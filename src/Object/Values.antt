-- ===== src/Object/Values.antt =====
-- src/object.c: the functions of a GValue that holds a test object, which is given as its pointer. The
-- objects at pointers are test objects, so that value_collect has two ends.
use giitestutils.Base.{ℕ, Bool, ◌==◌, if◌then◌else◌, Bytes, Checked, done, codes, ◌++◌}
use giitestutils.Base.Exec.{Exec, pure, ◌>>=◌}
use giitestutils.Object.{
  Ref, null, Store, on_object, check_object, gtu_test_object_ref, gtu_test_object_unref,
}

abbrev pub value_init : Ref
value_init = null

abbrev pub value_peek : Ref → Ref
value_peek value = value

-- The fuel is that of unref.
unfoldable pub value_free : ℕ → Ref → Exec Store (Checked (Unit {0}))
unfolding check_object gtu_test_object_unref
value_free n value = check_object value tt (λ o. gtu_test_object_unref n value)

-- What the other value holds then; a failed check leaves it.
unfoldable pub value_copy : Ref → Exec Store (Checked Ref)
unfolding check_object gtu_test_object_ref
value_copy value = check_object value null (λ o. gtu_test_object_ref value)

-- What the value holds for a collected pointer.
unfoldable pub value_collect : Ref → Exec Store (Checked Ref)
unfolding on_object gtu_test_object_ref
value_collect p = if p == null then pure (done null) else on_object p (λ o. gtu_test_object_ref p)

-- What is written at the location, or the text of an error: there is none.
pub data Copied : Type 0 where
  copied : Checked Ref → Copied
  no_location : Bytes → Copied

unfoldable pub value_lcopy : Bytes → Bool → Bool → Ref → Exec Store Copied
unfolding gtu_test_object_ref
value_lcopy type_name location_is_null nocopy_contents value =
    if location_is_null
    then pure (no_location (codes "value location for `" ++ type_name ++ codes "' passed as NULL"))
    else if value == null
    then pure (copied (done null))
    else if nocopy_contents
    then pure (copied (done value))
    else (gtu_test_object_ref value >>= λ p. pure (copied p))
==================================================
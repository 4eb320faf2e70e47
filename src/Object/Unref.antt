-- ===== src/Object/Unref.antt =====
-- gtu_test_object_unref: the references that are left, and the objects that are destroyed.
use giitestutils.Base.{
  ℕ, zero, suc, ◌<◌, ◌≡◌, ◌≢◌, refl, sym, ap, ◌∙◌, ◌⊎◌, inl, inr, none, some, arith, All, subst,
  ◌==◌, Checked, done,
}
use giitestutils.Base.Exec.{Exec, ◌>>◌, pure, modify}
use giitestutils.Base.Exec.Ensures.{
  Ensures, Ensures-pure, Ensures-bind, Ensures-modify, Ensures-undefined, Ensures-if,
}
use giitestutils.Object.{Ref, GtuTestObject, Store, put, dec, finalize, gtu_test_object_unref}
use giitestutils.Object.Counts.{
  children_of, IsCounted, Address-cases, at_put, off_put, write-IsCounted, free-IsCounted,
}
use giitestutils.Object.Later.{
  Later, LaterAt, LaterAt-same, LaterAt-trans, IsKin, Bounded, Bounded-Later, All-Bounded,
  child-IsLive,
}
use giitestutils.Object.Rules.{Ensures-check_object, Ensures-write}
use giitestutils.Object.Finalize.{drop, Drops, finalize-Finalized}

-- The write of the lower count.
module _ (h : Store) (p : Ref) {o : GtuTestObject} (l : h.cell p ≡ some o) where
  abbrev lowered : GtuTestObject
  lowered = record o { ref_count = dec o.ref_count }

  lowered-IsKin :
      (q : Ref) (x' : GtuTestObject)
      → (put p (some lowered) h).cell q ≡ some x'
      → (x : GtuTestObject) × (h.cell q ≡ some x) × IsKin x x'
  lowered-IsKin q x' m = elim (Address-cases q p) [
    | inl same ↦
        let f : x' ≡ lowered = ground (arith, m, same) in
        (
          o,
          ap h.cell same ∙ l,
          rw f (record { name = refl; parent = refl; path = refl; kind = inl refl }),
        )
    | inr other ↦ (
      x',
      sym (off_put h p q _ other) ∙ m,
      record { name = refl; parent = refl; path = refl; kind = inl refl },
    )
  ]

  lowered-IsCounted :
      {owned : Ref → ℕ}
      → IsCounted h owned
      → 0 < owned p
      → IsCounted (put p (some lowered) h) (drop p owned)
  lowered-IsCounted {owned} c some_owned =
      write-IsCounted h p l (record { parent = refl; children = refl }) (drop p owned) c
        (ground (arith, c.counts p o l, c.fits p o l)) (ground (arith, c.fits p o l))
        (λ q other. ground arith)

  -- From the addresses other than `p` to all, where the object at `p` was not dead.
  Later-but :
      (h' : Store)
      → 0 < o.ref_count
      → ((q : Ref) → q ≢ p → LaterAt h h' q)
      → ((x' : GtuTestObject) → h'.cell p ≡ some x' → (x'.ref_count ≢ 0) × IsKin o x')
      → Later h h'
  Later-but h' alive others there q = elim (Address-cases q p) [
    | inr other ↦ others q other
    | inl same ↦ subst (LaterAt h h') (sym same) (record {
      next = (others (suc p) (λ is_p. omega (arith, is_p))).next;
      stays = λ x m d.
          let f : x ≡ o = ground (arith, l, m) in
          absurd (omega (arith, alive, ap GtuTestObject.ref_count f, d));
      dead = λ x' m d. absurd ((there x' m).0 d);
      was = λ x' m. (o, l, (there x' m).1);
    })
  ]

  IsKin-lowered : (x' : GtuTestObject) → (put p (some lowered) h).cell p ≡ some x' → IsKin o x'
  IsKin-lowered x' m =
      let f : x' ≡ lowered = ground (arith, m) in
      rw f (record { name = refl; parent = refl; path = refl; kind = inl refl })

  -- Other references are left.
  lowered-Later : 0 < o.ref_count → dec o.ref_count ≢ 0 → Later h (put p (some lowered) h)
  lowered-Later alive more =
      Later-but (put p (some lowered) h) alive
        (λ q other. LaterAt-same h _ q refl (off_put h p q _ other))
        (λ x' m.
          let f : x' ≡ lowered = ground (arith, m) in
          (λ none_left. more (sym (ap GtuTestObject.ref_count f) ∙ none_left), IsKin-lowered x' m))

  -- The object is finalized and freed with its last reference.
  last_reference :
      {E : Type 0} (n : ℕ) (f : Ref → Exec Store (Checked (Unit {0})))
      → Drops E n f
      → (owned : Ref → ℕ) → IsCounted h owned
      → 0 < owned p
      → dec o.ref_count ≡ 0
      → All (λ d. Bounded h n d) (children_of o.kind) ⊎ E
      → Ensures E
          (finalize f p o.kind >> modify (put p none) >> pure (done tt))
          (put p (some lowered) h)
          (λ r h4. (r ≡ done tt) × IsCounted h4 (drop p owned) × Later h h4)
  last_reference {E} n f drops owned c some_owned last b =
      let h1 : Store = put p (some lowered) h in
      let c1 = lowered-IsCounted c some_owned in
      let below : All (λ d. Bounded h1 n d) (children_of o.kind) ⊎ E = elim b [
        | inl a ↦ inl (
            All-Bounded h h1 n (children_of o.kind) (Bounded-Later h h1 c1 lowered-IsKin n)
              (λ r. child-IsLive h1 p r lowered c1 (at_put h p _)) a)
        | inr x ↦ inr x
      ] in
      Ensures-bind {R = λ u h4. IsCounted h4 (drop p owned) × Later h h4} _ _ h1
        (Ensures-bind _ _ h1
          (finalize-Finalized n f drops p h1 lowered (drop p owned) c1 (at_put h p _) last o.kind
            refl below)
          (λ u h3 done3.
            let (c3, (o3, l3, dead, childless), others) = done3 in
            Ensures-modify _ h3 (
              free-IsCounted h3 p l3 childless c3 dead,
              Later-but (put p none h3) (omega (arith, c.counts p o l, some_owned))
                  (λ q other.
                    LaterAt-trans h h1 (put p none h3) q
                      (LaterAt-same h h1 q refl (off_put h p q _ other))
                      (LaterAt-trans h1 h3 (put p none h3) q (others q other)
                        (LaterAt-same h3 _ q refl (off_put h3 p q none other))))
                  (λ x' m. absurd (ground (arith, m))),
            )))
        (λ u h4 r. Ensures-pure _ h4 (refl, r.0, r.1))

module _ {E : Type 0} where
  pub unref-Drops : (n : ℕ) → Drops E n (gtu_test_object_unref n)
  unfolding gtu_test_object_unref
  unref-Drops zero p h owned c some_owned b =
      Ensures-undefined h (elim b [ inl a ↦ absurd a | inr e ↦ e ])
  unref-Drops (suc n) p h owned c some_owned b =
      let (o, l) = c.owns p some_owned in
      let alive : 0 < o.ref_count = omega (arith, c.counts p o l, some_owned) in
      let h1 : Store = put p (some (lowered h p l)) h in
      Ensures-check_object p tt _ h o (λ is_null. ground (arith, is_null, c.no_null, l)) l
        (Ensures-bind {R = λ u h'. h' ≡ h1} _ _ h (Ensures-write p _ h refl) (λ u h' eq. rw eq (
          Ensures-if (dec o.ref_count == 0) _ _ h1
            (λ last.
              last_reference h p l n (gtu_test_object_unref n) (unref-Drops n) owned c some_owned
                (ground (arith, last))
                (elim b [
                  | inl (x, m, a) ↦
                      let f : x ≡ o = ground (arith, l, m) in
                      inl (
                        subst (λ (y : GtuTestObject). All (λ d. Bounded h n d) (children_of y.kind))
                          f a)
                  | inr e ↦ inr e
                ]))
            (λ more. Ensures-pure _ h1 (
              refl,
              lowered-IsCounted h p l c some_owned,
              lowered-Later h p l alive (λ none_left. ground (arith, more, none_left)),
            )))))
==================================================
DIRECTIONS FOR THIS TASK >>
If a line of the data above contains "unfoldable", copy it out.

EXPECTED OUTPUT >>
unfoldable pub value_free : ℕ → Ref → Exec Store (Checked (Unit {0}))
unfoldable pub value_copy : Ref → Exec Store (Checked Ref)
unfoldable pub value_collect : Ref → Exec Store (Checked Ref)
unfoldable pub value_lcopy : Bytes → Bool → Bool → Ref → Exec Store Copied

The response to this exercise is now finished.